The prosecutors, of course, were relieved. Biggs, who is now in private practice and had failed to hand over the country club’s letter to the defense, probably had the most to lose. “I felt I was under attack for doing what I thought was the right thing,” he said. He believes Woodard was telling the truth about James returning to the Cascades.

The whole experience made Audrey even more determined to free James, who won’t be eligible for parole for another four years. Recently, she stood up in front of four hundred congregants at the family’s church and reflected on her struggle to free James. She nervously read from prepared notes, pausing occasionally to dab tears. “I really need Him to move mountains,” she said. “It’s in my prayers and my children’s prayers daily.”

A cross adorned with photos of Haile marking the stretch of road where the crash took place.
A cross adorned with photos of Haile marking the stretch of road where the crash took place.Courtesy of KETK News

Three crosses sit in the grass on the south side of the S-curve on Grande Boulevard in Tyler. One is adorned with photos of twenty-year-old Rian Finkie, who died after losing control of his motorcycle and colliding with oncoming traffic on December 22, 2017, less than a month after James was convicted. Another simply reads “RDK,” planted for Rodney Kolac, a seventy-year-old who died just two weeks after that; he lost control of his Corvette and slammed into a truck. The third is decorated with eight photos of Haile Beasley. In each of them, she smiles irrepressibly.

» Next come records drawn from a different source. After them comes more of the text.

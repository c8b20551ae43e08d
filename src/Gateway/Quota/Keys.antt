-- ===== src/Gateway/Quota/Keys.antt =====
-- The keys of the four levels of one payer are distinct.
use agent_studio.Base.{ℕ, ◌≡◌, ◌≢◌, refl, ap, [], ◌∷◌, ◌++◌, arith, length, drop, length-append}
use agent_studio.Base.Eq.{list_beq_unequal, list_eq, nat_eq}
use agent_studio.Base.Text.{Text, codes}
use agent_studio.Gateway.Quota.{
  Level, platform, tenant, surface, end_user, levels, Limits, Payer, level_key, HashStore,
}
use agent_studio.Gateway.Quota.Held.{held}
use agent_studio.Gateway.Quota.Reserve.{IsApart}

drop-length-append : (p x : Text) → drop (length p) (p ++ x) ≡ x
drop-length-append [] x = refl
drop-length-append (c ∷ p) x = drop-length-append p x

append_cancel : (p x y : Text) → p ++ x ≡ p ++ y → x ≡ y
append_cancel p x y h = cc (drop-length-append p x, drop-length-append p y, ap (drop (length p)) h)

head_of : Text → ℕ
head_of [] = 0
head_of (c ∷ x) = c

-- Two keys that go on with different characters are different.
fork : (p x y : Text) → head_of x ≢ head_of y → p ++ x ≢ p ++ y
fork p x y d h = d (ap head_of (append_cancel p x y h))

level_key_platform :
    (p : Payer) (rest : Text)
    → p.prefix ++ (codes "platform:" ++ p.window) ≢ p.prefix ++ (codes "t:" ++ rest)
unfolding head_of
level_key_platform p rest =
    fork p.prefix (codes "platform:" ++ p.window) (codes "t:" ++ rest) (omega arith)

longer : (w x : Text) (c d : ℕ) → w ≢ c ∷ d ∷ x ++ (codes ":" ++ w)
longer w x c d h = omega (arith, ap (length {A = ℕ}) h, length-append x (codes ":" ++ w))

level_key_tenant :
    (p : Payer) (c : ℕ) (x : Text)
    → level_key p tenant
      ≢ p.prefix
        ++ (codes "t:" ++ (p.tenant_id ++ (b':' ∷ c ∷ b':' ∷ x ++ (codes ":" ++ p.window))))
unfolding level_key
level_key_tenant p c x h =
    longer p.window x c b':'
      (ap (drop 1) (append_cancel p.tenant_id _ _ (ap (drop 2) (append_cancel p.prefix _ _ h))))

level_key_user : (p : Payer) → level_key p surface ≢ level_key p end_user
unfolding level_key head_of
level_key_user p h = omega (
  arith,
  ap (λ x. head_of (drop 1 x))
      (append_cancel p.tenant_id _ _ (ap (drop 2) (append_cancel p.prefix _ _ h))),
)

held_other : (est : ℕ) (j k : Text) → k ≢ j → held est j (k ∷ []) ≡ 0
unfolding held
held_other est j k d = rw (list_beq_unequal k j d) (omega arith)

held_none : (est : ℕ) (j : Text) → held est j [] ≡ 0
unfolding held
held_none est j = refl

platform_tenant : (p : Payer) → level_key p platform ≢ level_key p tenant
unfolding level_key
platform_tenant p = level_key_platform p _

platform_surface : (p : Payer) → level_key p platform ≢ level_key p surface
unfolding level_key
platform_surface p = level_key_platform p _

platform_user : (p : Payer) → level_key p platform ≢ level_key p end_user
unfolding level_key
platform_user p = level_key_platform p _

tenant_surface : (p : Payer) → level_key p tenant ≢ level_key p surface
tenant_surface p h = level_key_tenant p b's' p.surface_id (unfold level_key in h)

tenant_user : (p : Payer) → level_key p tenant ≢ level_key p end_user
tenant_user p h = level_key_tenant p b'u' p.end_user_id (unfold level_key in h)

module _ {S : Type 0} (redis : HashStore S) (limits : Limits) (p : Payer) (est : ℕ) where
  pub level_key-IsApart : IsApart redis limits (level_key p) est levels []
  level_key-IsApart =
      let free = λ (l : Level). held_none est (level_key p l) in
      let us = held_other est (level_key p end_user) (level_key p surface) (level_key_user p) in
      let ut = held_other est (level_key p end_user) (level_key p tenant) (tenant_user p) in
      let st = held_other est (level_key p surface) (level_key p tenant) (tenant_surface p) in
      let up = held_other est (level_key p end_user) (level_key p platform) (platform_user p) in
      let sp = held_other est (level_key p surface) (level_key p platform) (platform_surface p) in
      let tp = held_other est (level_key p tenant) (level_key p platform) (platform_tenant p) in
      (
        free platform,
        (
          free tenant,
          (free surface, (free end_user, tt, tt), (us, tt, tt)),
          (st, (ut, tt, tt), (us, tt, tt)),
        ),
        (tp, (sp, (up, tt, tt), (us, tt, tt)), (st, (ut, tt, tt), (us, tt, tt))),
      )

Last spring, the city installed a series of bright yellow plastic poles in the center lane of the S-curve, a temporary measure until a concrete barrier can be installed. Many citizens felt the measure was a long time coming. The S-curve has for years been a place where the human capacity for error was greatly amplified.

Jennifer still visits the curve routinely to maintain Haile’s cross, swapping out pictures and adorning it with fresh flowers and, come Christmastime, decorating it with a small tree.

Brian doesn’t want to encounter the site of his daughter’s death, so he avoids the curve altogether.

Audrey drives this part of Grande often, since her parents still live in Tyler. The kids sometimes ask her to point it out when the family drives into town. As they lean into the curve, they all say a series of prayers: for Haile’s family, for the other families who have lost loved ones there, and for James to come home soon.